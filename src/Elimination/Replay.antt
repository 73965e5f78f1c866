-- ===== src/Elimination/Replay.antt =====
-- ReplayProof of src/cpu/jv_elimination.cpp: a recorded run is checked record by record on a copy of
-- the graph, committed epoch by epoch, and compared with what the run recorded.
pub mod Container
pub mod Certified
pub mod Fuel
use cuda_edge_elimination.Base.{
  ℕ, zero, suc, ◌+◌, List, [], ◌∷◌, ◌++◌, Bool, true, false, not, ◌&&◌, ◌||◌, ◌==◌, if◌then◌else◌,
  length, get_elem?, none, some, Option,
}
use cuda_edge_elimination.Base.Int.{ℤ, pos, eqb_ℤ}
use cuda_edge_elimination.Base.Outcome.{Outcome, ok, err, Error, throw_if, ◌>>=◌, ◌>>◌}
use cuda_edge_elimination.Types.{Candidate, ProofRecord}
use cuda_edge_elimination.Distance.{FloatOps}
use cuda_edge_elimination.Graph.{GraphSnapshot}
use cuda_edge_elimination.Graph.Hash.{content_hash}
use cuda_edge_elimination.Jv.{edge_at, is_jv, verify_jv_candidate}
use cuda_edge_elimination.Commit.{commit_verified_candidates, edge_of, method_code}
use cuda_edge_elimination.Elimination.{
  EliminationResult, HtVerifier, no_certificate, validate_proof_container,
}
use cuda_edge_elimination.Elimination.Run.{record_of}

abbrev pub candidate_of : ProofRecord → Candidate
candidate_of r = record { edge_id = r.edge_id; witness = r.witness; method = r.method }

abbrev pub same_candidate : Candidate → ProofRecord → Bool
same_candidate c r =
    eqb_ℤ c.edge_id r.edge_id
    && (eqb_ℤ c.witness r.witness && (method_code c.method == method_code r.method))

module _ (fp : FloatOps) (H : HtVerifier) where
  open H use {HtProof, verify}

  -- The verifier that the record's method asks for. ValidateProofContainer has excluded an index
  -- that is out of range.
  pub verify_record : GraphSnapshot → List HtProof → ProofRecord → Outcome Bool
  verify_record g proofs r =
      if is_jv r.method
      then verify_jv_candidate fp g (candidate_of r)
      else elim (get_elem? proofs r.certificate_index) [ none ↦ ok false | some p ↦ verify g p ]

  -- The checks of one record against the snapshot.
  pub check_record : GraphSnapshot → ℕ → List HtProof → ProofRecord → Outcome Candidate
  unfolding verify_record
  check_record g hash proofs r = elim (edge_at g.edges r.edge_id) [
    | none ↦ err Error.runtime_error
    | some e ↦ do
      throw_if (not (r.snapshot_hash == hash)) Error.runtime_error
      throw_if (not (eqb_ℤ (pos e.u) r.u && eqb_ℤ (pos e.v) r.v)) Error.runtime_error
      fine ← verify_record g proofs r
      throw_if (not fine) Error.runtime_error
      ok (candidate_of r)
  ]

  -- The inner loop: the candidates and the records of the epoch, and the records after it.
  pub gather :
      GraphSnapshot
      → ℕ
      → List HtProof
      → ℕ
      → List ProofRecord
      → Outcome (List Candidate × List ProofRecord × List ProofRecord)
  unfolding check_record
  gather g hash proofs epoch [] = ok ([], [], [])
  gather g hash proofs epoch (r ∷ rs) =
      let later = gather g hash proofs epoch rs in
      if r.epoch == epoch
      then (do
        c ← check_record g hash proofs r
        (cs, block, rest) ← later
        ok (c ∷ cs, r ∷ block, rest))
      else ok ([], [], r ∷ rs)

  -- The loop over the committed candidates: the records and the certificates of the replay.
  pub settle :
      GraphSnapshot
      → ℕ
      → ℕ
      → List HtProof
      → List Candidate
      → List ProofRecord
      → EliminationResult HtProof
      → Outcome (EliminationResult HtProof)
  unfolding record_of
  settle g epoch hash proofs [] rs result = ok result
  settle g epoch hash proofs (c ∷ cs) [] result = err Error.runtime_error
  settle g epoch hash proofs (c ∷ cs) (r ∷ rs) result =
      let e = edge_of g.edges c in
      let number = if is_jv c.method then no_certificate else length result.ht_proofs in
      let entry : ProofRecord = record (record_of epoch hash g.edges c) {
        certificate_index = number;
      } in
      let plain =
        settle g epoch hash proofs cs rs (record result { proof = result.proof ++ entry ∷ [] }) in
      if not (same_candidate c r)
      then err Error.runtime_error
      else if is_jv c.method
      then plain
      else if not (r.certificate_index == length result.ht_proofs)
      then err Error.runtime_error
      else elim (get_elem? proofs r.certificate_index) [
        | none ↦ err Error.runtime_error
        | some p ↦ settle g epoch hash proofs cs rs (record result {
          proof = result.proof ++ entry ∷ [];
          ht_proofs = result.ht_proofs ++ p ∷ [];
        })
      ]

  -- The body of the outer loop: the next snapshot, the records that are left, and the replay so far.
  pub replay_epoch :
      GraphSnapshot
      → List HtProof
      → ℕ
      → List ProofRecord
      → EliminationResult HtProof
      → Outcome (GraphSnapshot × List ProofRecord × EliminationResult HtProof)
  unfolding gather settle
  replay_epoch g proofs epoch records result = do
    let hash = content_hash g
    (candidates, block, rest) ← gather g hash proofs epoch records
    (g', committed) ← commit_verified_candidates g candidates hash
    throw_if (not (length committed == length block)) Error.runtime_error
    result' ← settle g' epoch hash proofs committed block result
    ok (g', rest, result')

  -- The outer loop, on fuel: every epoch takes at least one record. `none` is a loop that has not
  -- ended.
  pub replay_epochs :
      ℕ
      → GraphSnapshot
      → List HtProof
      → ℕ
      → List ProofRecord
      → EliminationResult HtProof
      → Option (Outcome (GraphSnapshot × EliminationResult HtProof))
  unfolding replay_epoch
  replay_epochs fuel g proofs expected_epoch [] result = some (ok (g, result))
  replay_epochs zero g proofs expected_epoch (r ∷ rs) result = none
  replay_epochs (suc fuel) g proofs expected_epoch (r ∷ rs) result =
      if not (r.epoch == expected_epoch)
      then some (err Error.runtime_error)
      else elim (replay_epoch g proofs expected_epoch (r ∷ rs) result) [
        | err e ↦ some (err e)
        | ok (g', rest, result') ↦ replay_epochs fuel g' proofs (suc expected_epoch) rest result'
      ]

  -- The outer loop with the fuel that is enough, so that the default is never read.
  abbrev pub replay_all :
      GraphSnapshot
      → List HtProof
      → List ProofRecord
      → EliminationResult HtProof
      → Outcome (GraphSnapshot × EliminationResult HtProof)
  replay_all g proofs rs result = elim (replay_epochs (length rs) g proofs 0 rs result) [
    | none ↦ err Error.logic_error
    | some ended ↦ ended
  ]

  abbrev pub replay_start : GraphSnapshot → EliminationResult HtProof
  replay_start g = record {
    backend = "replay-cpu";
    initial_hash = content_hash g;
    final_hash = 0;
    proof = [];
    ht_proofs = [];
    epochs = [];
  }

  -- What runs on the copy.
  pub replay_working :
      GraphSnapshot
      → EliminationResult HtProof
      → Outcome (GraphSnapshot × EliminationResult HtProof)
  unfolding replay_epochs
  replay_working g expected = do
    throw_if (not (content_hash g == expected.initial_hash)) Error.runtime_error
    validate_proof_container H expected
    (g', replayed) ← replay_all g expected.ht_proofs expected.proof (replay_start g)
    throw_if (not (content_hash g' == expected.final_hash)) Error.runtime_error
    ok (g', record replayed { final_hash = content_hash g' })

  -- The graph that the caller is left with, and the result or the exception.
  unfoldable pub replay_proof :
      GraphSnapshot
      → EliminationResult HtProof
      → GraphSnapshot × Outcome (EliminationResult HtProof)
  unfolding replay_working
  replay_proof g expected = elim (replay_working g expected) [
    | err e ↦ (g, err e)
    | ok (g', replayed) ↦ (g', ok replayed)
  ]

_ _ _ _

- ASSIGNMENT -
Every entry should be transcribed exactly, with nothing omitted.

- ANSWER SPACE -
filename src/Elimination/Replay.antt
repository 73965e5f78f1c866
-- ===== src/Elimination/Replay.antt =====
-- ReplayProof of src/cpu/jv_elimination.cpp: a recorded run is checked record by record on a copy of
-- the graph, committed epoch by epoch, and compared with what the run recorded.
pub mod Container
pub mod Certified
pub mod Fuel
use cuda_edge_elimination.Base.{
  ℕ, zero, suc, ◌+◌, List, [], ◌∷◌, ◌++◌, Bool, true, false, not, ◌&&◌, ◌||◌, ◌==◌, if◌then◌else◌,
  length, get_elem?, none, some, Option,
}
use cuda_edge_elimination.Base.Int.{ℤ, pos, eqb_ℤ}
use cuda_edge_elimination.Base.Outcome.{Outcome, ok, err, Error, throw_if, ◌>>=◌, ◌>>◌}
use cuda_edge_elimination.Types.{Candidate, ProofRecord}
use cuda_edge_elimination.Distance.{FloatOps}
use cuda_edge_elimination.Graph.{GraphSnapshot}
use cuda_edge_elimination.Graph.Hash.{content_hash}
use cuda_edge_elimination.Jv.{edge_at, is_jv, verify_jv_candidate}
use cuda_edge_elimination.Commit.{commit_verified_candidates, edge_of, method_code}
use cuda_edge_elimination.Elimination.{
  EliminationResult, HtVerifier, no_certificate, validate_proof_container,
}
use cuda_edge_elimination.Elimination.Run.{record_of}

abbrev pub candidate_of : ProofRecord → Candidate
candidate_of r = record { edge_id = r.edge_id; witness = r.witness; method = r.method }

abbrev pub same_candidate : Candidate → ProofRecord → Bool
same_candidate c r =
    eqb_ℤ c.edge_id r.edge_id
    && (eqb_ℤ c.witness r.witness && (method_code c.method == method_code r.method))

module _ (fp : FloatOps) (H : HtVerifier) where
  open H use {HtProof, verify}

  -- The verifier that the record's method asks for. ValidateProofContainer has excluded an index
  -- that is out of range.
  pub verify_record : GraphSnapshot → List HtProof → ProofRecord → Outcome Bool
  verify_record g proofs r =
      if is_jv r.method
      then verify_jv_candidate fp g (candidate_of r)
      else elim (get_elem? proofs r.certificate_index) [ none ↦ ok false | some p ↦ verify g p ]

  -- The checks of one record against the snapshot.
  pub check_record : GraphSnapshot → ℕ → List HtProof → ProofRecord → Outcome Candidate
  unfolding verify_record
  check_record g hash proofs r = elim (edge_at g.edges r.edge_id) [
    | none ↦ err Error.runtime_error
    | some e ↦ do
      throw_if (not (r.snapshot_hash == hash)) Error.runtime_error
      throw_if (not (eqb_ℤ (pos e.u) r.u && eqb_ℤ (pos e.v) r.v)) Error.runtime_error
      fine ← verify_record g proofs r
      throw_if (not fine) Error.runtime_error
      ok (candidate_of r)
  ]

  -- The inner loop: the candidates and the records of the epoch, and the records after it.
  pub gather :
      GraphSnapshot
      → ℕ
      → List HtProof
      → ℕ
      → List ProofRecord
      → Outcome (List Candidate × List ProofRecord × List ProofRecord)
  unfolding check_record
  gather g hash proofs epoch [] = ok ([], [], [])
  gather g hash proofs epoch (r ∷ rs) =
      let later = gather g hash proofs epoch rs in
      if r.epoch == epoch
      then (do
        c ← check_record g hash proofs r
        (cs, block, rest) ← later
        ok (c ∷ cs, r ∷ block, rest))
      else ok ([], [], r ∷ rs)

  -- The loop over the committed candidates: the records and the certificates of the replay.
  pub settle :
      GraphSnapshot
      → ℕ
      → ℕ
      → List HtProof
      → List Candidate
      → List ProofRecord
      → EliminationResult HtProof
      → Outcome (EliminationResult HtProof)
  unfolding record_of
  settle g epoch hash proofs [] rs result = ok result
  settle g epoch hash proofs (c ∷ cs) [] result = err Error.runtime_error
  settle g epoch hash proofs (c ∷ cs) (r ∷ rs) result =
      let e = edge_of g.edges c in
      let number = if is_jv c.method then no_certificate else length result.ht_proofs in
      let entry : ProofRecord = record (record_of epoch hash g.edges c) {
        certificate_index = number;
      } in
      let plain =
        settle g epoch hash proofs cs rs (record result { proof = result.proof ++ entry ∷ [] }) in
      if not (same_candidate c r)
      then err Error.runtime_error
      else if is_jv c.method
      then plain
      else if not (r.certificate_index == length result.ht_proofs)
      then err Error.runtime_error
      else elim (get_elem? proofs r.certificate_index) [
        | none ↦ err Error.runtime_error
        | some p ↦ settle g epoch hash proofs cs rs (record result {
          proof = result.proof ++ entry ∷ [];
          ht_proofs = result.ht_proofs ++ p ∷ [];
        })
      ]

  -- The body of the outer loop: the next snapshot, the records that are left, and the replay so far.
  pub replay_epoch :
      GraphSnapshot
      → List HtProof
      → ℕ
      → List ProofRecord
      → EliminationResult HtProof
      → Outcome (GraphSnapshot × List ProofRecord × EliminationResult HtProof)
  unfolding gather settle
  replay_epoch g proofs epoch records result = do
    let hash = content_hash g
    (candidates, block, rest) ← gather g hash proofs epoch records
    (g', committed) ← commit_verified_candidates g candidates hash
    throw_if (not (length committed == length block)) Error.runtime_error
    result' ← settle g' epoch hash proofs committed block result
    ok (g', rest, result')

  -- The outer loop, on fuel: every epoch takes at least one record. `none` is a loop that has not
  -- ended.
  pub replay_epochs :
      ℕ
      → GraphSnapshot
      → List HtProof
      → ℕ
      → List ProofRecord
      → EliminationResult HtProof
      → Option (Outcome (GraphSnapshot × EliminationResult HtProof))
  unfolding replay_epoch
  replay_epochs fuel g proofs expected_epoch [] result = some (ok (g, result))
  replay_epochs zero g proofs expected_epoch (r ∷ rs) result = none
  replay_epochs (suc fuel) g proofs expected_epoch (r ∷ rs) result =
      if not (r.epoch == expected_epoch)
      then some (err Error.runtime_error)
      else elim (replay_epoch g proofs expected_epoch (r ∷ rs) result) [
        | err e ↦ some (err e)
        | ok (g', rest, result') ↦ replay_epochs fuel g' proofs (suc expected_epoch) rest result'
      ]

  -- The outer loop with the fuel that is enough, so that the default is never read.
  abbrev pub replay_all :
      GraphSnapshot
      → List HtProof
      → List ProofRecord
      → EliminationResult HtProof
      → Outcome (GraphSnapshot × EliminationResult HtProof)
  replay_all g proofs rs result = elim (replay_epochs (length rs) g proofs 0 rs result) [
    | none ↦ err Error.logic_error
    | some ended ↦ ended
  ]

  abbrev pub replay_start : GraphSnapshot → EliminationResult HtProof
  replay_start g = record {
    backend = "replay-cpu";
    initial_hash = content_hash g;
    final_hash = 0;
    proof = [];
    ht_proofs = [];
    epochs = [];
  }

  -- What runs on the copy.
  pub replay_working :
      GraphSnapshot
      → EliminationResult HtProof
      → Outcome (GraphSnapshot × EliminationResult HtProof)
  unfolding replay_epochs
  replay_working g expected = do
    throw_if (not (content_hash g == expected.initial_hash)) Error.runtime_error
    validate_proof_container H expected
    (g', replayed) ← replay_all g expected.ht_proofs expected.proof (replay_start g)
    throw_if (not (content_hash g' == expected.final_hash)) Error.runtime_error
    ok (g', record replayed { final_hash = content_hash g' })

  -- The graph that the caller is left with, and the result or the exception.
  unfoldable pub replay_proof :
      GraphSnapshot
      → EliminationResult HtProof
      → GraphSnapshot × Outcome (EliminationResult HtProof)
  unfolding replay_working
  replay_proof g expected = elim (replay_working g expected) [
    | err e ↦ (g, err e)
    | ok (g', replayed) ↦ (g', ok replayed)
  ]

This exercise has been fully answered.